Tuesday, February 17, 2015
Impact of regulatory variation from RNA to Protein
Every tried to compare your mammalian transcript quantities to your protein quantities? Even if you harvest the same cell lines at the same time, if you are expecting it to match up...
The reasons why have kind of diverged more into the easier analyses, like which one is better (protein, obviously!). The question of why we have all this variation between transcript and actual protein expression levels is a much tougher question. Tough enough that the first decent swing at it made this month's Science.
In this paper from Alexis Battle, et. al., these authors take a look at gene products at three levels. They go after the messenger RNA, the ribosome profiles, and the protein quantification (using SILAC).

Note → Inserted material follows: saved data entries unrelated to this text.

-- ===== src/Lifetime.antt =====
-- How long connections, their groups and socket managers, and listeners live: the making and freeing
-- in src/connection/connection.c, and the reference counts of src/connection/connection_group.c and
-- src/connection/socket_manager/socket_manager.c. Allocations succeed here; an address is a number.
use ctaps.Prelude.{
  ℕ, zero, suc, ◌+◌, ◌-◌, ◌*◌, ◌%◌, ◌^◌, ◌≤◌, ◌<◌, ◌≡◌, refl, sym, ap, subst, ◌∙◌, ◌≢◌, ◌↔◌, ◌⊎◌,
  inl, inr, Bool, true, false, not, ◌&&◌, ◌||◌, Option, none, some, List, [], ◌∷◌, ◌++◌, map, arith,
  ltb, leb, ◌==◌, if◌then◌else◌, ==_iff, Bool-cases, if_cases, Option-cases, is_some, u64, length,
  get_elem?, modify, take, drop, count, any, keep, All, length-append, append-nil, append_assoc,
  length-modify, get_elem?-modify, get_elem?-modify_ne, lt_of_get_elem?, count-append,
  count-modify_eq, count-modify_drop, bytes_eq, bytes_eq_sound, bytes_eq_refl, Result, ok, err,
  ◌>>=◌, Result-cases, enoent, eio, enomem, eexist, einval, epipe, enotsup,
}
pub mod Counts
pub mod Safety
pub mod Freeing
pub mod Runs

-- A group with the UUIDs of its hash table; `allocated` is false before its `malloc` and after its
-- `free`.
pub record Group : Type 0 where
  pub ref_count : ℕ
  pub connections : List ℕ
  pub allocated : Bool

pub record Manager : Type 0 where
  pub ref_count : ℕ
  pub all_connections : List ℕ
  pub has_listener : Bool
  pub allocated : Bool

-- `none` is a null pointer to the group.
pub record Connection : Type 0 where
  pub uuid : ℕ
  pub group : Option ℕ
  pub manager : ℕ

-- The connections are those that are allocated.
pub record Heap : Type 0 where
  pub groups : ℕ → Group
  pub managers : ℕ → Manager
  pub connections : List Connection

abbrev pub update {ℓ} : {A : Type ℓ} → (ℕ → A) → ℕ → A → ℕ → A
update f i v j = if j == i then v else f j

-- `none` is a fault, the use of memory that is not allocated.
abbrev pub Run : Type 0
Run = Option Heap

abbrev pub then_run : Run → (Heap → Run) → Run
then_run none f = none
then_run (some s) f = f s

-- `--` of a counter, and what it leaves of zero: the largest value of a `size_t`, and -1, by its 32
-- bits, of an `int`.
abbrev pub decrement : ℕ → ℕ → ℕ
decrement below zero = below
decrement below (suc n) = n

abbrev pub size_max : ℕ
size_max = 18446744073709551615

abbrev pub minus_one : ℕ
minus_one = 4294967295

-- The manager's count is an `int`, whose overflow is a fault.
abbrev pub int_max : ℕ
int_max = 2147483647

abbrev pub can_refer : Manager → Bool
can_refer x = x.allocated && ltb x.ref_count int_max

abbrev pub set_group : ℕ → Group → Heap → Heap
set_group i g s = record s { groups = update s.groups i g }

abbrev pub set_manager : ℕ → Manager → Heap → Heap
set_manager m x s = record s { managers = update s.managers m x }

unfoldable pub group_new : ℕ → Heap → Heap
group_new i = set_group i (record { ref_count = 0; connections = []; allocated = true })

unfoldable pub manager_new : ℕ → Bool → Heap → Heap
manager_new m listener =
    set_manager m
      (record { ref_count = 0; all_connections = []; has_listener = listener; allocated = true })

unfoldable pub manager_ref : ℕ → Heap → Run
manager_ref m s =
    let x = s.managers m in
    if can_refer x then some (set_manager m (record x { ref_count = x.ref_count + 1 }) s) else none

unfoldable pub manager_add_connection : ℕ → ℕ → Heap → Run
manager_add_connection m u s =
    let x = s.managers m in
    if can_refer x
    then some (
        set_manager m
          (record x { all_connections = u ∷ x.all_connections; ref_count = x.ref_count + 1 }) s)
    else none

-- The last reference frees the manager.
unfoldable pub manager_unref : ℕ → Heap → Run
manager_unref m s =
    let x = s.managers m in
    let n = decrement minus_one x.ref_count in
    if x.allocated
    then some (set_manager m (record x { ref_count = n; allocated = not (n == 0) }) s)
    else none

abbrev pub has : ℕ → List ℕ → Bool
has u us = any (λ v. v == u) us

-- A connection is made a member of a group. A UUID that the group has already leaves the
-- connection without a group.
unfoldable pub group_add_connection : ℕ → ℕ → ℕ → Heap → Run
group_add_connection i u m s =
    let g = s.groups i in
    if not g.allocated
    then none
    else if has u g.connections
    then some
        (record s { connections = record { uuid = u; group = none; manager = m } ∷ s.connections })
    else some
        (record (set_group i
          (record g { connections = u ∷ g.connections; ref_count = u64 (g.ref_count + 1) }) s) {
            connections = record { uuid = u; group = some i; manager = m } ∷ s.connections;
          })

-- With the last reference the protocol frees its state, through the manager, and the group goes.
abbrev pub left_group : ℕ → Group → Group
left_group u g = record g {
  connections = keep (λ v. not (v == u)) g.connections;
  ref_count = decrement size_max g.ref_count;
  allocated = not (decrement size_max g.ref_count == 0);
}

unfoldable pub group_unref : Option ℕ → Connection → Heap → Run
group_unref none c s = some s
group_unref (some i) c s =
    let g = s.groups i in
    if not g.allocated
    then none
    else if decrement size_max g.ref_count == 0 && not (s.managers c.manager).allocated
    then none
    else some (set_group i (left_group c.uuid g) s)

abbrev pub leave_manager : Connection → Heap → Heap
leave_manager c s =
    let x = s.managers c.manager in
    set_manager c.manager
      (record x { all_connections = keep (λ v. not (v == c.uuid)) x.all_connections }) s

unfoldable pub find : ℕ → List Connection → Option Connection
find u [] = none
find u (c ∷ cs) = let rest = find u cs in if c.uuid == u then some c else rest

unfoldable pub without : ℕ → List Connection → List Connection
without u [] = []
without u (c ∷ cs) = let rest = without u cs in if c.uuid == u then cs else c ∷ rest

abbrev pub drop_connection : Connection → Heap → Heap
drop_connection c s = record s { connections = without c.uuid s.connections }

unfoldable pub connection_free : Connection → Heap → Run
unfolding without
connection_free c s =
    then_run (group_unref c.group c s) (λ t.
      then_run (manager_unref c.manager (leave_manager c t)) (λ v. some (drop_connection c v)))

-- ct_connection_create_client, ct_connection_create_server_connection and
-- ct_connection_create_clone, where the clone takes the manager of its source.
unfoldable pub create_client : ℕ → ℕ → ℕ → Heap → Run
unfolding manager_new group_new group_add_connection manager_add_connection
create_client u i m s =
    then_run (group_add_connection i u m (group_new i (manager_new m false s)))
      (manager_add_connection m u)

unfoldable pub create_server_connection : ℕ → ℕ → ℕ → Heap → Run
unfolding group_new group_add_connection manager_add_connection
create_server_connection u i m s =
    then_run (group_add_connection i u m (group_new i s)) (manager_add_connection m u)

unfoldable pub create_clone : Connection → ℕ → Heap → Run
unfolding group_add_connection manager_add_connection
create_clone c u s =
    then_run (manager_add_connection c.manager u s)
      (λ t. elim c.group [ none ↦ none | some i ↦ group_add_connection i u c.manager t ])

unfoldable pub listener_new : ℕ → Heap → Run
unfolding manager_new
listener_new m s = manager_ref m (manager_new m true s)

unfoldable pub listener_free : ℕ → Heap → Run
listener_free m s =
    let x = s.managers m in
    if not x.has_listener
    then none
    else manager_unref m (set_manager m (record x { has_listener = false }) s)

-- What the users and the peers do.
pub data Op : Type 0 where
  client server : ℕ → ℕ → ℕ → Op
  clone : Connection → ℕ → Op
  free : Connection → Op
  listen unlisten : ℕ → Op

unfoldable pub apply : Op → Heap → Run
apply (client u i m) s = create_client u i m s
apply (server u i m) s = create_server_connection u i m s
apply (clone c u) s = create_clone c u s
apply (free c) s = connection_free c s
apply (listen m) s = listener_new m s
apply (unlisten m) s = listener_free m s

What did they find? Tons of stuff. Holy cow, this is the most dense 3 page paper I've dug through in quite a while. High level analysis, though? At the top, they identified something they call "cis quantitative trait loci" that appear to function to minimize the effects of differential mRNA expression at the protein level. That is, these things exist to make sure that even when the mRNA levels say "stress! make 1,000 times more of this stuff!!!" these cis things make sure that the protein copies actually produced stay within normal biological limits.
Again, this is a seriously deep paper. There are observations backed with heavy statistics on the ability to different individual sample variation at each of these levels (including SILAC!). Another interesting point of this paper is that we're looking at what can happen when these next-gen genomics scientists apply their statistics to our field...
I highly recommend you check this out!